RDFLib / prez

Prez is a data-configurable Linked Data API framework that delivers profiles of Knowledge Graph data according to the Content Negotiation by Profile standard.
BSD 3-Clause "New" or "Revised" License
21 stars 8 forks source link

Better error message for missing SPARQL_ENDPOINT variable #260

Closed ashleysommer closed 2 weeks ago

ashleysommer commented 2 weeks ago

If you forget to provide a value for the SPARQL_ENDPOINT variable (either through env var or in the config file), Prez will start and during startup it will emit an error like this:

2024-08-27 22:30:03.029 [INFO] prez.services.app_service: Checking SPARQL endpoint None is online
ERROR:azure.functions.AsgiMiddleware:Failed ASGI startup with message 'Traceback (most recent call last):
  File "/home/som05d/CODE/RDF/prez/.venv/lib/python3.11/site-packages/starlette/routing.py", line 732, in lifespan
    async with self.lifespan_context(app) as maybe_state:
  File "/home/som05d/CODE/RDF/prez/.venv/lib/python3.11/site-packages/starlette/routing.py", line 608, in __aenter__
    await self._router.startup()
  File "/home/som05d/CODE/RDF/prez/.venv/lib/python3.11/site-packages/starlette/routing.py", line 709, in startup
    await handler()
  File "/home/som05d/CODE/RDF/prez/prez/app.py", line 104, in app_startup
    await healthcheck_sparql_endpoints()
  File "/home/som05d/CODE/RDF/prez/prez/services/app_service.py", line 36, in healthcheck_sparql_endpoints
    response = httpx.get(
               ^^^^^^^^^^
  File "/home/som05d/CODE/RDF/prez/.venv/lib/python3.11/site-packages/httpx/_api.py", line 198, in get
    return request(
           ^^^^^^^^
  File "/home/som05d/CODE/RDF/prez/.venv/lib/python3.11/site-packages/httpx/_api.py", line 106, in request
    return client.request(
           ^^^^^^^^^^^^^^^
  File "/home/som05d/CODE/RDF/prez/.venv/lib/python3.11/site-packages/httpx/_client.py", line 814, in request
    request = self.build_request(
              ^^^^^^^^^^^^^^^^^^^
  File "/home/som05d/CODE/RDF/prez/.venv/lib/python3.11/site-packages/httpx/_client.py", line 345, in build_request
    url = self._merge_url(url)
          ^^^^^^^^^^^^^^^^^^^^
  File "/home/som05d/CODE/RDF/prez/.venv/lib/python3.11/site-packages/httpx/_client.py", line 375, in _merge_url
    merge_url = URL(url)
                ^^^^^^^^
  File "/home/som05d/CODE/RDF/prez/.venv/lib/python3.11/site-packages/httpx/_urls.py", line 119, in __init__
    raise TypeError(
TypeError: Invalid type for url.  Expected str or httpx.URL, got <class 'NoneType'>: None
'.

Notice it gets all the way into the depths of the httpx library before anyone notices the url is None.
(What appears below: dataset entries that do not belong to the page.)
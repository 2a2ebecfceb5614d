-- ===== src/Client/Errors.antt =====
-- ingestor/src/rpc.rs: how the calls fail, and what is counted.
use block_ex.Prelude.{
  ℕ, ◌+◌, ◌≡◌, inl, inr, refl, ◌∙◌, Bool, true, false, Bool-cases, Option, none, some, List, [],
  ◌∷◌, ◌++◌, String, if◌then◌else◌,
}
use block_ex.External.{Json}
use text.Mathlib.Text.{◌==◌ as str_eq}
use block_ex.Client.Wire.{Http, Schemas, Request, Params, RpcResponse, success, failure}
use block_ex.Client.{
  Rpc, ClientState, C, ◌>>=◌, pure, fail, counted, if_success, result_of, send, send_counted,
  is_success, raw_call, get_block_header_by_height, get_block_headers_range, get_block,
  get_block_count, get_transactions, get_transaction_pool_hashes,
}

-- A call that gives a value counts no error, and one that gives none counts one, under its label.
pub data IsCounted {ℓ} {A : Type ℓ} (method : String) (s : ClientState) (r : Option A × ClientState)
    : Type ℓ where
  gave : (a : A) → r.0 ≡ some a → r.1.rpc_errors ≡ s.rpc_errors → IsCounted method s r
  gave_none : r.0 ≡ none → r.1.rpc_errors ≡ s.rpc_errors ++ method ∷ [] → IsCounted method s r

pub record Counts {ℓ} {A : Type ℓ} (method : String) (m : C A) : Type ℓ where
  pub at : (s : ClientState) → IsCounted method s (m s)

module _ (method : String) where
  same_errors {ℓ} :
      {A : Type ℓ} (s t : ClientState) (r : Option A × ClientState)
      → t.rpc_errors ≡ s.rpc_errors
      → IsCounted method t r
      → IsCounted method s r
  same_errors s t r k (gave b e l) = gave b e (l ∙ k)
  same_errors s t r k (gave_none e l) = gave_none e (rw k at l)

  Counts-pure {ℓ} : {A : Type ℓ} (a : A) → Counts method (pure a)
  Counts-pure a = record { at = λ s. gave a refl refl }

  Counts-fail {ℓ} : {A : Type ℓ} → Counts method (fail {A = A} method)
  unfolding fail
  Counts-fail = record { at = λ s. gave_none refl refl }

  Counts-bind {ℓ κ} :
      {A : Type ℓ} {B : Type κ} (m : C A) (f : A → C B)
      → Counts method m
      → ((a : A) → Counts method (f a))
      → Counts method (m >>= f)
  Counts-bind m f cm cf = record { at = λ s. go s (cm.at s) }
    where
      go : (s : ClientState) → IsCounted method s (m s) → IsCounted method s ((m >>= f) s)
      go s (gave_none e k) = rw e (gave_none refl k)
      go s (gave a e k) = rw e (same_errors s (m s).1 (f a (m s).1) k ((cf a).at (m s).1))

  Counts-counted {ℓ} : {A : Type ℓ} (o : Option A) → Counts method (counted method o)
  unfolding counted
  Counts-counted none = Counts-fail
  Counts-counted (some a) = Counts-pure a

  Counts-if_success {ℓ} :
      {A : Type ℓ} (status : ℕ) (rest : C A)
      → Counts method rest
      → Counts method (if_success method status rest)
  unfolding if_success
  Counts-if_success status rest c = elim (Bool-cases (is_success status)) [
    | inl e ↦ rw (e, if_success) c
    | inr e ↦ rw (e, if_success) Counts-fail
  ]

  module _ (http : Http) (json : Json) (schemas : Schemas json) (rpc : Rpc) where
    Counts-result_of {ℓ} : {A : Type ℓ} (r : RpcResponse A) → Counts method (result_of method r)
    unfolding result_of
    Counts-result_of (success a) = Counts-pure a
    Counts-result_of (failure e) = Counts-fail

    Counts-send_counted :
        (req : Request) → Counts method (send_counted http json schemas rpc method req)
    unfolding send_counted send
    Counts-send_counted req = record {
      at = λ s.
          same_errors s (record s { requests = s.requests + 1 }) _ refl
            ((Counts-counted (http.send s.requests req)).at
              (record s { requests = s.requests + 1 }));
    }

    Counts-raw_call {ℓ} :
        {A : Type ℓ} (decode : json.Value → Option A) (params : Params)
        → Counts method (raw_call http json schemas rpc decode method params)
    unfolding raw_call
    Counts-raw_call decode params = Counts-bind _ _ (Counts-send_counted _) λ res.
        Counts-bind _ _ (Counts-counted _) λ v.
          Counts-if_success res.status _
            (Counts-bind _ _ (Counts-counted _) λ response. Counts-result_of response)

  Counts-if {ℓ} :
      {A : Type ℓ} (b : Bool) (m : C A)
      → Counts method m
      → Counts method (if b then m else fail method)
  Counts-if true m c = c
  Counts-if false m c = Counts-fail

module _ (http : Http) (json : Json) (schemas : Schemas json) (rpc : Rpc) where
  Counts-get_block_headers_range :
      (start end : ℕ)
      → Counts "get_block_headers_range" (get_block_headers_range http json schemas rpc start end)
  unfolding get_block_headers_range
  Counts-get_block_headers_range start end =
      Counts-bind _ _ _ (Counts-raw_call _ http json schemas rpc _ _)
        λ r. Counts-if _ (str_eq r.status "OK") _ (Counts-pure _ r.headers)

  Counts-get_transactions :
      (hashes : List String)
      → Counts "get_transactions" (get_transactions http json schemas rpc hashes)
  unfolding get_transactions
  Counts-get_transactions hashes =
      Counts-bind _ _ _ (Counts-send_counted _ http json schemas rpc _)
        λ res. Counts-if_success _ res.status _ (Counts-counted _ (schemas.transactions res.body))

  Counts-get_transaction_pool_hashes :
      Counts "get_transaction_pool_hashes" (get_transaction_pool_hashes http json schemas rpc)
  unfolding get_transaction_pool_hashes
  Counts-get_transaction_pool_hashes =
      Counts-bind _ _ _ (Counts-send_counted _ http json schemas rpc _) λ res.
        Counts-bind _ _ _ (Counts-counted _ (schemas.pool_hashes res.body)) λ body.
          Counts-if_success _ res.status _
            (Counts-if _ (str_eq body.status "OK") _ (Counts-pure _ body.tx_hashes))

  -- Each of the six calls that fails has counted one error, under its own name, and one that succeeds
  -- has counted none.
  pub calls-Counts :
      ((h : ℕ)
        → Counts "get_block_header_by_height" (get_block_header_by_height http json schemas rpc h))
      × ((start end : ℕ)
          → Counts "get_block_headers_range"
              (get_block_headers_range http json schemas rpc start end))
      × ((hash : String) (fill_pow : Bool)
          → Counts "get_block" (get_block http json schemas rpc hash fill_pow))
      × Counts "get_block_count" (get_block_count http json schemas rpc)
      × ((hashes : List String)
          → Counts "get_transactions" (get_transactions http json schemas rpc hashes))
      × Counts "get_transaction_pool_hashes" (get_transaction_pool_hashes http json schemas rpc)
  unfolding get_block_header_by_height get_block get_block_count
  calls-Counts = (
    λ h. Counts-raw_call _ http json schemas rpc _ _,
    Counts-get_block_headers_range,
    λ hash fill_pow. Counts-raw_call _ http json schemas rpc _ _,
    Counts-raw_call _ http json schemas rpc _ _,
    Counts-get_transactions,
    Counts-get_transaction_pool_hashes,
  )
It would be easy to add a check on startup (before calling healthcheck_sparql_endpoints()) to ensure SPARQL_ENDPOINT is not None, and emit a better error to the user for how to fix it.
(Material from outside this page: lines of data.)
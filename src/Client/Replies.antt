-- ===== src/Client/Replies.antt =====
-- ingestor/src/rpc.rs: which answers a call takes its value from.
use block_ex.Prelude.{
  ℕ, ◌≡◌, inl, inr, refl, ap, ◌∙◌, true, Bool-cases, Option, none, some, Option-cases, List, [],
  String, if◌then◌else◌,
}
use mathlib.Core.Path.{subst}
use text.Mathlib.Text.{◌==◌ as str_eq}
use text.Mathlib.TextEquality.{eq_iff}
use block_ex.External.{Json}
use block_ex.Rpc.{BlockHeader, GetBlockHeaderByHeightResult}
use block_ex.Result.{ok}
use block_ex.World.{Env, World}
use block_ex.Header.{HeaderFetcher, fetch}
use block_ex.Header.Ranges.{fetch-height}
use block_ex.Client.Wire.{
  Http, Schemas, Params, call, height, range, Answer, HeadersRange, RpcResponse, RpcError,
  success_or, as_failure, then_read, success, failure, untagged,
}
use block_ex.Client.{
  Rpc, ClientState, C, ◌>>=◌, pure, fail, counted, if_success, result_of, send, send_counted,
  is_success, raw_call, get_block_headers_range, get_block_header_by_height, as_monero_rpc,
}

bind-some {ℓ κ} :
    {A : Type ℓ} {B : Type κ} (m : C A) (f : A → C B) (s : ClientState) {b : B}
    → ((m >>= f) s).0 ≡ some b
    → (a : A) × ((m s).0 ≡ some a) × ((f a (m s).1).0 ≡ some b)
bind-some {A} m f s {b} h = elim (Option-cases (m s).0) [
  | inl e ↦ absurd (cc (rw e at h))
  | inr (a, e) ↦ (a, e, rw e at h)
]

counted-some {ℓ} :
    {A : Type ℓ} (method : String) (o : Option A) (s : ClientState) {a : A}
    → (counted method o s).0 ≡ some a
    → o ≡ some a
unfolding counted fail
counted-some method none s h = absurd (cc h)
counted-some method (some a) s h = h

if_success-some {ℓ} :
    {A : Type ℓ} (method : String) (status : ℕ) (rest : C A) (s : ClientState) {a : A}
    → (if_success method status rest s).0 ≡ some a
    → (is_success status ≡ true) × ((rest s).0 ≡ some a)
unfolding fail if_success
if_success-some method status rest s h = elim (Bool-cases (is_success status)) [
  | inl e ↦ (e, rw (e, if_success) at h)
  | inr e ↦ absurd (cc (rw (e, if_success) at h))
]

result_of-some {ℓ} :
    {A : Type ℓ} (method : String) (r : RpcResponse A) (s : ClientState) {a : A}
    → (result_of method r s).0 ≡ some a
    → r ≡ success a
unfolding result_of fail
result_of-some method (success a) s h = cc h
result_of-some method (failure e) s h = absurd (cc h)

success_or-success {ℓ} :
    {A : Type ℓ} (e : Option RpcError) (o : Option A) {a : A}
    → success_or (as_failure e) o ≡ some (success a)
    → o ≡ some a
success_or-success none none h = absurd (cc h)
success_or-success (some e) none h = absurd (cc h)
success_or-success e (some a) h = cc h

then_read-some {ℓ κ} :
    {V : Type ℓ} {A : Type κ} (f : V → Option A) (o : Option V) {a : A}
    → then_read f o ≡ some a
    → (v : V) × (o ≡ some v) × (f v ≡ some a)
then_read-some f none h = absurd (cc h)
then_read-some f (some v) h = (v, refl, h)

module _ (http : Http) (json : Json) (schemas : Schemas json) (rpc : Rpc) where
  -- The n-th request is answered with success by a JSON object whose result is read as the value.
  pub record IsReply {ℓ} {A : Type ℓ} (decode : json.Value → Option A) (method : String)
      (params : Params) (n : ℕ) (a : A) : Type ℓ where
    pub answer : Answer
    pub value : json.Value
    pub result : json.Value
    pub sent : http.send n (call rpc.base_json method params) ≡ some answer
    pub status : is_success answer.status ≡ true
    pub parsed : json.from_str answer.body ≡ some value
    pub has_result : json.get value "result" ≡ some result
    pub decoded : decode result ≡ some a

  raw_call-IsReply {ℓ} :
      {A : Type ℓ} (decode : json.Value → Option A) (method : String) (params : Params)
      (s : ClientState) {a : A}
      → (raw_call http json schemas rpc decode method params s).0 ≡ some a
      → IsReply decode method params s.requests a
  unfolding raw_call send_counted send untagged
  raw_call-IsReply decode method params s {a} h =
      let (res, sent, h₁) =
        bind-some (send_counted http json schemas rpc method (call rpc.base_json method params)) _ s
          h in
      let (v, parsed, h₂) = bind-some (counted method (json.from_str res.body)) _ _ h₁ in
      let (status, h₃) = if_success-some method res.status _ _ h₂ in
      let (response, read, h₄) =
        bind-some (counted method (untagged json decode schemas.rpc_error v)) _ _ h₃ in
      let whole = counted-some method _ _ read ∙ ap some (result_of-some method response _ h₄) in
      let (r, has, decoded) =
        then_read-some decode (json.get v "result") (success_or-success _ _ whole) in
      record {
        answer = res;
        value = v;
        result = r;
        sent = counted-some method _ _ sent;
        status = status;
        parsed = counted-some method _ _ parsed;
        has_result = has;
        decoded = decoded;
      }

  -- A range of headers is taken from an answer to its request that is a success, whose result has the
  -- status "OK" and these headers.
  pub get_block_headers_range-IsReply :
      (start end : ℕ) (s : ClientState) {headers : List BlockHeader}
      → (get_block_headers_range http json schemas rpc start end s).0 ≡ some headers
      → IsReply schemas.headers_range "get_block_headers_range"
          (range start end)
          s.requests
          (record { status = "OK"; headers = headers })
  unfolding get_block_headers_range
  get_block_headers_range-IsReply start end s {headers} h =
      let (r, got, rest) =
        bind-some
          (raw_call http json schemas rpc schemas.headers_range "get_block_headers_range"
            (range start end))
          _ s h in
      let reply =
        raw_call-IsReply schemas.headers_range "get_block_headers_range" (range start end) s got in
      subst (IsReply schemas.headers_range "get_block_headers_range" (range start end) s.requests)
        (taken r
          (raw_call http json schemas rpc schemas.headers_range "get_block_headers_range"
            (range start end) s).1
          rest)
        reply
    where
      taken :
          (r : HeadersRange) (t : ClientState)
          → ((if str_eq r.status "OK" then pure r.headers else fail "get_block_headers_range") t).0
            ≡ some headers
          → r ≡ record { status = "OK"; headers = headers }
      taken r t h = elim (Bool-cases (str_eq r.status "OK")) [
        | inl e ↦ let same = (eq_iff r.status "OK").0 e in let k = rw e at h in cc (same, k)
        | inr e ↦ absurd (cc (rw (e, fail) at h))
      ]

  -- Where the daemon replies to the request for the header of a height by the header of that height: a
  -- header that is fetched over this client, from a buffer, a range or by itself, has the height that
  -- was asked for.
  pub fetch-height_client :
      (env : Env) (hs : HeaderFetcher) (h : ℕ) (w : World) {header : BlockHeader}
      → ((n k : ℕ) (res : GetBlockHeaderByHeightResult)
          → IsReply schemas.header_by_height "get_block_header_by_height" (height k) n res
          → res.block_header.height ≡ k)
      → (fetch (record env { rpc = as_monero_rpc http json schemas rpc }) h hs w).0 ≡ ok header
      → header.height ≡ h
  unfolding as_monero_rpc get_block_header_by_height
  fetch-height_client env hs h w honest fetched =
      fetch-height (record env { rpc = as_monero_rpc http json schemas rpc })
        (λ n k res e. honest n k res (
          raw_call-IsReply schemas.header_by_height "get_block_header_by_height" (height k)
            (asked n) e))
        h hs w fetched
    where
      asked : ℕ → ClientState
      asked n = record { requests = n; rpc_errors = [] }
edmondchuc commented 2 weeks ago

Probably should remove the Optional typing and remove the default None value in the pydantic settings[1].

https://github.com/RDFLib/prez/blob/c5d39319418cb7442c97562fc0babe2e4c773c61/prez/config.py#L33

At least that way, it'll fail on startup when the config object is populated and no value is found for the env var.
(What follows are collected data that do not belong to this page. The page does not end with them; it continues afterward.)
-- ===== src/Codec/Extra.antt =====
-- ingestor/src/codec.rs, `parse_tx_extra`: the tags of a transaction's `extra` field.
-- The loop's index is kept as the bytes that are still to be read.
pub mod Layout
pub mod Extent
use block_ex.Prelude.{
  ℕ, zero, suc, ◌/◌, List, [], ◌∷◌, ◌++◌, String, Bytes, length, take, drop, ltb, ◌==◌,
  if◌then◌else◌,
}
use block_ex.Result.{Result, ok, running, ok_or, ◌>>=◌, hex_decode}
use block_ex.External.{Hex}

pub data TxExtraTag : Type 0 where
  pub_key : String → TxExtraTag
  nonce : Bytes → TxExtraTag
  additional_pub_keys : ℕ → TxExtraTag
  unknown : ℕ → ℕ → TxExtraTag

-- One round of the loop leaves it, or pushes tags and goes on with the bytes behind them.
pub data Step : Type 0 where
  break : Step
  next : List TxExtraTag → Bytes → Step

-- A length byte and as many bytes of content. The tag is made from both.
pub sized : (ℕ → Bytes → TxExtraTag) → Bytes → Step
sized tag [] = break
sized tag (len ∷ rest) =
    if ltb (length rest) len then break else next (tag len (take len rest) ∷ []) (drop len rest)

-- The last arm of the match, where a missing length byte is a tag of length 0.
pub sized_or_end : ℕ → Bytes → Step
sized_or_end other [] = next (unknown other 0 ∷ []) []
sized_or_end other (len ∷ rest) = sized (λ n _. unknown other n) (len ∷ rest)

module _ (hex : Hex) where
  pub step : ℕ → Bytes → Step
  unfolding sized sized_or_end
  step tag rest =
      if tag == 0
      then next [] rest
      else if tag == 1
      then if ltb (length rest) 32
        then break
        else next (pub_key (hex.encode (take 32 rest)) ∷ []) (drop 32 rest)
      else if tag == 2
      then sized (λ _ content. nonce content) rest
      else if tag == 4
      then sized (λ len _. additional_pub_keys (len / 32)) rest
      else sized_or_end tag rest

  pub parse_loop : ℕ → Bytes → List TxExtraTag → Result (List TxExtraTag)
  parse_loop zero bytes tags = running
  parse_loop (suc fuel) [] tags = ok tags
  parse_loop (suc fuel) (tag ∷ rest) tags = elim (step tag rest) [
    | break ↦ ok tags
    | next pushed rest' ↦ parse_loop fuel rest' (tags ++ pushed)
  ]

  -- Each round reads a byte at least, so that a round more than there are bytes is fuel enough.
  unfoldable pub parse_tx_extra : String → Result (List TxExtraTag)
  unfolding parse_loop step
  parse_tx_extra hex_str = do
    bytes ← ok_or hex_decode (hex.decode hex_str)
    parse_loop (suc (length bytes)) bytes []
[1] https://docs.pydantic.dev/latest/concepts/pydantic_settings/

ashleysommer commented 2 weeks ago

@edmondchuc Sounds like a sensible and pydantic way to do it to me.

recalcitrantsupplant commented 2 weeks ago

It's optional as the sparql_repo_type can be "pyoxigraph" in which case no sparql endpoint is required. We can do a slightly more complex validation on startup though to check if sparql_repo_type = "remote" then a sparql_endpoint must be specified

edmondchuc commented 2 weeks ago

Ah, that's why it's optional! I forgot about the different backend types.